“How I Learned To ❤️ Unicode and Stop Worrying”

  by Giuseppe D’Angelo

Abstract

First released in 1991, the Unicode Standard is today the de-facto standard for text interexchange. Or is it?

How many times you’ve experienced bröken encodings when visiting a webpage? Isn’t it annoying that one just want to type some 𝓫𝓮𝓪𝓾𝓽𝓲𝓯𝓾𝓵 code, yet ends up with ṣ̋oṃ̋̋ẹ h̰o̽̽rr̰̽ḭ̰̽b̽l̽̽ḛ̰ g͓͝͝͝͝a͔͔͔͔r̖̖͋b͒͒͒a̔̔̔̔͟͟g͈͈͈͈͈̀̀̀̀̀e͇͇ͩͩͩͩͩ on the screen? 𝑾𝒉𝒚 𝒄𝒂𝒏’𝒕 𝒘𝒆 𝒋𝒖𝒔𝒕 𝒉𝒂𝒗𝒆 𝒔𝒊𝒎𝒑𝒍𝒆 𝒕𝒉𝒊𝒏𝒈𝒔?

The reason is: string handling is complicated.

But don’t worry! The amazing minds at the Unicode consortium have all it figured out. We just have to 🔊 to their expert advice.

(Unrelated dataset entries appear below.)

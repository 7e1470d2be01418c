-- ===== src/Loader/Counters.antt =====
-- loader.rs: the commit numbers of a database that was loaded.
use block_rust.Base.{
  ◌+◌, ◌<◌, ◌≤◌, ◌≡◌, refl, false, Option, none, some, List, [], ◌∷◌, arith, Outcome, ok, err,
  panic, returned,
}
use block_rust.Types.{Commit}
use block_rust.CommitLog.{CommitCommand}
use block_rust.Loader.{
  DbInitState, Players, replay_in_all, check_monotonic, replay_commits, replay_rests, after,
  init_state, load,
}

-- Each item was read, and its commit is above the one before it, at first above `m`; `k` is the last.
abbrev pub IsGrowing : Option Commit → List (Outcome CommitCommand) → Option Commit → Type 0
IsGrowing m [] k = k ≡ m
IsGrowing m (ok c ∷ rest) k =
    ((n : Commit) → m ≡ some n → n < c.commit) × IsGrowing (some c.commit) rest k
IsGrowing m (err e ∷ rest) k = ⊥
IsGrowing m (panic ∷ rest) k = ⊥

check_monotonic-lt :
    (m : Option Commit) (c n : Commit) (u : Unit {0})
    → check_monotonic m c ≡ ok u
    → m ≡ some n
    → n < c
unfolding check_monotonic
check_monotonic-lt none c n u h e = cc
check_monotonic-lt (some x) c n u h e = ground arith

replay_commits-IsGrowing :
    (m k : Option Commit) (stream : List (Outcome CommitCommand)) (players players' : Players)
    → replay_commits m stream players ≡ ok (k, players')
    → IsGrowing m stream k
unfolding replay_commits
replay_commits-IsGrowing m k [] players players' h = ground arith
replay_commits-IsGrowing m k (err e ∷ rest) players players' h = cc
replay_commits-IsGrowing m k (panic ∷ rest) players players' h = cc
replay_commits-IsGrowing m k (ok c ∷ rest) players players' h =
    let (ps, e, h') = returned _ (replay_in_all c players) h in
    let (u, e', h'') = returned _ (check_monotonic m c.commit) h' in
    (
      λ n q. check_monotonic-lt m c.commit n u e' q,
      replay_commits-IsGrowing (some c.commit) k rest ps players' h'',
    )

-- Each item was read, and its commit is below `n`.
abbrev pub AreBelow : Commit → List (Outcome CommitCommand) → Type 0
AreBelow n [] = Unit
AreBelow n (ok c ∷ rest) = (c.commit < n) × AreBelow n rest
AreBelow n (err e ∷ rest) = ⊥
AreBelow n (panic ∷ rest) = ⊥

AreBelow-weaken :
    (m n : Commit) (stream : List (Outcome CommitCommand))
    → m ≤ n
    → AreBelow m stream
    → AreBelow n stream
AreBelow-weaken m n [] le b = tt
AreBelow-weaken m n (ok c ∷ rest) le b = (omega arith, AreBelow-weaken m n rest le b.1)
AreBelow-weaken m n (err e ∷ rest) le b = absurd b
AreBelow-weaken m n (panic ∷ rest) le b = absurd b

IsGrowing-last :
    (n : Commit) (stream : List (Outcome CommitCommand)) (k : Option Commit)
    → IsGrowing (some n) stream k
    → (q : Commit) × (k ≡ some q) × (n ≤ q) × AreBelow (q + 1) stream
IsGrowing-last n [] k h = (n, h, omega arith, tt)
IsGrowing-last n (err e ∷ rest) k h = absurd h
IsGrowing-last n (panic ∷ rest) k h = absurd h
IsGrowing-last n (ok c ∷ rest) k h =
    let (q, e, le, b) = IsGrowing-last c.commit rest k h.1 in
    let lt = h.0 n refl in (q, e, omega arith, (omega arith, b))

-- The next commit of an empty log is 0, and otherwise follows the last one.
abbrev NextIs : Option Commit → Commit → Type 0
NextIs none n = n ≡ 0
NextIs (some k) n = n ≡ k + 1

after-NextIs : (k : Option Commit) (n : Commit) → after k ≡ ok n → NextIs k n
unfolding after
after-NextIs none n h = ground arith
after-NextIs (some k) n h = ground arith

-- If `load` succeeds on a commit log that is not reported empty, then each record of that log was read,
-- the commit numbers in it grow strictly, and the next commit number is above them all.
pub load-next_commit :
    (stream : List (Outcome CommitCommand)) (players players' : Players) (state : DbInitState)
    → load (ok false) stream players ≡ ok (state, players')
    → ((k : Option Commit) × IsGrowing none stream k) × AreBelow state.next_commit stream
unfolding load init_state
load-next_commit stream players players' state h =
    let (replayed, e1, h1) = returned _ (replay_commits none stream players) h in
    let (seen, e2, h2) = returned _ (replay_rests none none replayed.1) h1 in
    let (st, e3, h3) = returned _ (init_state seen.0 seen.1 replayed.0) h2 in
    let (nb, e4, h4) = returned _ (after seen.0) e3 in
    let (nbc, e5, h5) = returned _ (after seen.1) h4 in
    let (nc, e6, h6) = returned _ (after replayed.0) h5 in
    let same : state.next_commit ≡ nc = ground arith in
    (
      (replayed.0, replay_commits-IsGrowing none replayed.0 stream players replayed.1 e1),
      rw same (
          below replayed.0 stream nc
            (replay_commits-IsGrowing none replayed.0 stream players replayed.1 e1)
            (after-NextIs replayed.0 nc e6)),
    )
  where
    below :
        (k : Option Commit) (s : List (Outcome CommitCommand)) (n : Commit)
        → IsGrowing none s k
        → NextIs k n
        → AreBelow n s
    below k [] n g x = tt
    below k (err e ∷ rest) n g x = absurd g
    below k (panic ∷ rest) n g x = absurd g
    below none (ok c ∷ rest) n g x = let (q, e, le, b) = IsGrowing-last c.commit rest none g.1 in cc
    below (some k) (ok c ∷ rest) n g x =
        let (q, e, le, b) = IsGrowing-last c.commit rest (some k) g.1 in
        let nq : n ≡ q + 1 = ground arith in
        (omega arith, AreBelow-weaken (q + 1) n rest (omega arith) b)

In this talk we will present the foundations of Unicode string handling when using Qt.
We will start from a quick explaination what the Unicode standard is all about, what it contains, and why its usage is necessary when building user interfaces. This will lead into discussing the low-level classes in standard C++ and Qt to store Unicode data: QChar, QString, and so on. We will see how they work, what’s their feature set, and especially how they map to Unicode concepts.

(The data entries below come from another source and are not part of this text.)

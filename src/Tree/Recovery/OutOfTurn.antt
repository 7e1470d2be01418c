-- ===== src/Tree/Recovery/OutOfTurn.antt =====
-- tree.rs: the search for a commit that is out of turn stops at another attempt of its batch.
use mathlib.Core.Path.{subst}
use mathlib.Core.List.{append_assoc}
use block_rust.Base.{
  ◌≡◌, refl, sym, ap, ◌∙◌, true, false, ◌==◌, some, List, [], ◌∷◌, ◌++◌, arith, Bool-cases, inl,
  inr, ok, err, batch_mismatch,
}
use block_rust.Base.Ord.{nat_ord}
use block_rust.Types.{Address, Batch, BatchCommit, Commit}
use block_rust.Command.{
  Command, open_batch, write, delete, delete_range, push_save_point, pop_save_point,
  rollback_save_point, ready_commit, abort_commit, close, batch,
}
use block_rust.BatchPlayer.{BatchPlayer, SimpleCommand, record_command}
use block_rust.Index.Defs.{Index}
use block_rust.Tree.Replay.{
  InitReplayer, replay_cmd, replay_items, replay_commit, waits, update_max, new_batch_commit,
}
use block_rust.Tree.Replay.Plain.{items}
use block_rust.Tree.Recovery.Pairs.{
  Pairs, pair_of, pairs, pairs-append, pairs-push, has, Unlike, Unlike-has, Apart, Apart-back,
  Apart-behind, is_ready, has_ready, has_ready-has, has_ready-append,
}
use block_rust.Tree.Recovery.Players.{SameAll, record-SameAll}
use block_rust.Tree.Recovery.Turns.{tries, any_ready-rest, in_turn, out_of_turn-rest}
use block_rust.Tree.Recovery.Passing.{replay_cmd-Passed}
use block_rust.Tree.Recovery.Stops.{Plays}
use block_rust.Tree.Recovery.Scan.{IsGood, IsAt, IsGood-pass}
use block_rust.Tree.Recovery.Waiting.{clear}

module _ (b : Batch) (bc : BatchCommit) (c : Commit) where
  stops :
      (a : Address) (p : BatchPlayer) (r : InitReplayer) (cmd : Command)
      → SameAll p r.batch_players
      → (record_command cmd a p).0 ≡ ok tt
      → tries b (pair_of cmd) ≡ true
      → Unlike bc (pair_of cmd)
      → (replay_cmd b bc c cmd a r).0 ≡ err batch_mismatch
  unfolding replay_cmd
  stops a p r (ready_commit b' bc') same e t d =
      let (players, step, sa) =
        record-SameAll (ready_commit b' bc') a (SimpleCommand.ready_commit bc') p r refl e same in
      let hit : b == b' ≡ true = ground (arith, t) in rw (step, hit, d.0) refl
  stops a p r (abort_commit b' bc') same e t d =
      let (players, step, sa) =
        record-SameAll (abort_commit b' bc') a (SimpleCommand.abort_commit bc') p r refl e same in
      let hit : b == b' ≡ true = ground (arith, t) in rw (step, hit, d.0) refl
  stops a p r (open_batch b') same e t d = absurd (cc)
  stops a p r (write b' k v) same e t d = absurd (cc)
  stops a p r (delete b' k) same e t d = absurd (cc)
  stops a p r (delete_range b' s l) same e t d = absurd (cc)
  stops a p r (push_save_point b') same e t d = absurd (cc)
  stops a p r (pop_save_point b') same e t d = absurd (cc)
  stops a p r (rollback_save_point b') same e t d = absurd (cc)
  stops a p r (close b') same e t d = absurd (cc)

  stops_loop :
      (a : Address) (p : BatchPlayer) (r : InitReplayer) (cmd : Command)
      (rest : List (Command × Address))
      → (replay_cmd b bc c cmd a (record r { cmd_stream = items rest })).0 ≡ err batch_mismatch
      → (replay_items b bc c (items ((cmd, a) ∷ rest)) r).0 ≡ err batch_mismatch
  unfolding replay_items
  stops_loop a p r cmd rest e = rw e refl

  module _ (done : Pairs) (more : List (Command × Address)) where
    -- The loop passes what is about other batches and comes to an attempt of this one.
    scan :
        (read rest : List (Command × Address)) (p : BatchPlayer) (r : InitReplayer)
        → Apart (pairs read ++ pairs rest)
        → Plays p rest
        → IsGood done (pairs read) p r
        → has b bc (pairs read) ≡ false
        → has_ready b bc rest ≡ true
        → in_turn b bc done rest ≡ false
        → (replay_items b bc c (items (rest ++ more)) r).0 ≡ err batch_mismatch
    unfolding replay_items update_max
    scan read [] p r d plays g unseen q turn = absurd (cc)
    scan read ((cmd, a) ∷ rest) p r d plays g unseen q turn =
        let not_ready : is_ready b bc cmd ≡ false = ground (arith, turn) in
        let later : has_ready b bc rest ≡ true = ground (arith, q, not_ready) in
        let here = has_ready-has b bc rest later in
        let nothing_done = any_ready-rest done (pairs read) ((cmd, a) ∷ rest) d g.within in
        let r0 : InitReplayer = record r { cmd_stream = items (rest ++ more) } in
        elim (Bool-cases (tries b (pair_of cmd))) [
          | inl tried ↦
              let unlike =
                Apart-behind b bc (pair_of cmd) (pairs rest)
                  (Apart-back (pairs read) (pair_of cmd ++ pairs rest) d) here in
              stops_loop a p r cmd (rest ++ more) (stops a p r0 cmd g.same plays.0 tried unlike)
          | inr other ↦
              let k = clear b bc done (pairs read) p r cmd (pairs rest) d g unseen here other in
              let (r1, step, passed) =
                replay_cmd-Passed b bc c a p r0 g.same cmd plays.0 k.differ k.free in
              let r2 : InitReplayer = update_max (some (batch cmd)) (new_batch_commit cmd) r1 in
              let good =
                IsGood-pass done (pairs read) p (record_command cmd a p).1 cmd r0 r1 k.apart
                  (record { same = g.same; waiting = g.waiting; within = g.within }) passed in
              let seen = pairs-push read cmd a in
              rw step (
                scan (read ++ (cmd, a) ∷ []) rest (record_command cmd a p).1 r2
                  (rw (seen, append_assoc (pairs read) (pair_of cmd) (pairs rest)) d) plays.1
                  (rw seen
                    (record { same = good.same; waiting = good.waiting; within = good.within }))
                  (rw seen k.unseen) later (ground (arith, turn, not_ready, other)))
        ]

    -- `replay_commit` on a replayer that is in step with the tree in front of the commit.
    pub replay_commit-out_of_turn :
        (log : List (Command × Address)) (player : BatchPlayer) (index : Index) (r : InitReplayer)
        → Apart (pairs log)
        → has_ready b bc log ≡ true
        → in_turn b bc done log ≡ false
        → IsAt log more done player index r
        → (replay_commit b bc c r).0 ≡ err batch_mismatch
    unfolding replay_commit
    replay_commit-out_of_turn log player index r d q turn at =
        let (later, unready) =
          out_of_turn-rest b bc done at.read at.rest at.tight
            (subst (λ x. in_turn b bc done x ≡ false) at.split turn) in
        let parts = has_ready-append b bc at.read at.rest in
        let whole : has_ready b bc (at.read ++ at.rest) ≡ true =
          subst (λ x. has_ready b bc x ≡ true) at.split q in
        let coming : has_ready b bc at.rest ≡ true = ground (arith, parts, whole, unready) in
        let apart : Apart (pairs at.read ++ pairs at.rest) =
          subst Apart (ap pairs at.split ∙ pairs-append at.read at.rest) d in
        let unread = Unlike-has b bc (pairs at.read) (
          Apart-behind b bc (pairs at.read) (pairs at.rest) apart
            (has_ready-has b bc at.rest coming)) in
        let quiet : waits b bc r.waiting_to_commit ≡ false =
          at.good.waiting b bc ∙ rw unread refl in
        rw quiet (
          subst (λ x. (replay_items b bc c x r).0 ≡ err batch_mismatch) (sym at.stream)
            (scan at.read at.rest at.p r apart at.plays at.good unread coming later))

We will then move on to some higher level facilities provided by Qt, such as classes and functions for collation, iteration over grapheme clusters, and locale-aware formatting. All of these features are necessary to build proper user interfaces.

At the end, the audience will have gained some more understanding about about the foundations of modern string handling, and how Qt immensily helps the developer to do the right thing.

About the speaker

Giuseppe D’Angelo KDABGiuseppe is an Approver of the Qt Project and a Senior Software Engineer at KDAB. He is a long time contributor to Qt, having used Qt and C++ since 2000. His contributions in Qt range from containers and regular expressions to GUI, Widgets and OpenGL. A free software passionate and UNIX specialist, before joining KDAB, Giuseppe organized conferences on open source around Italy. He holds a BSc in Computer Science.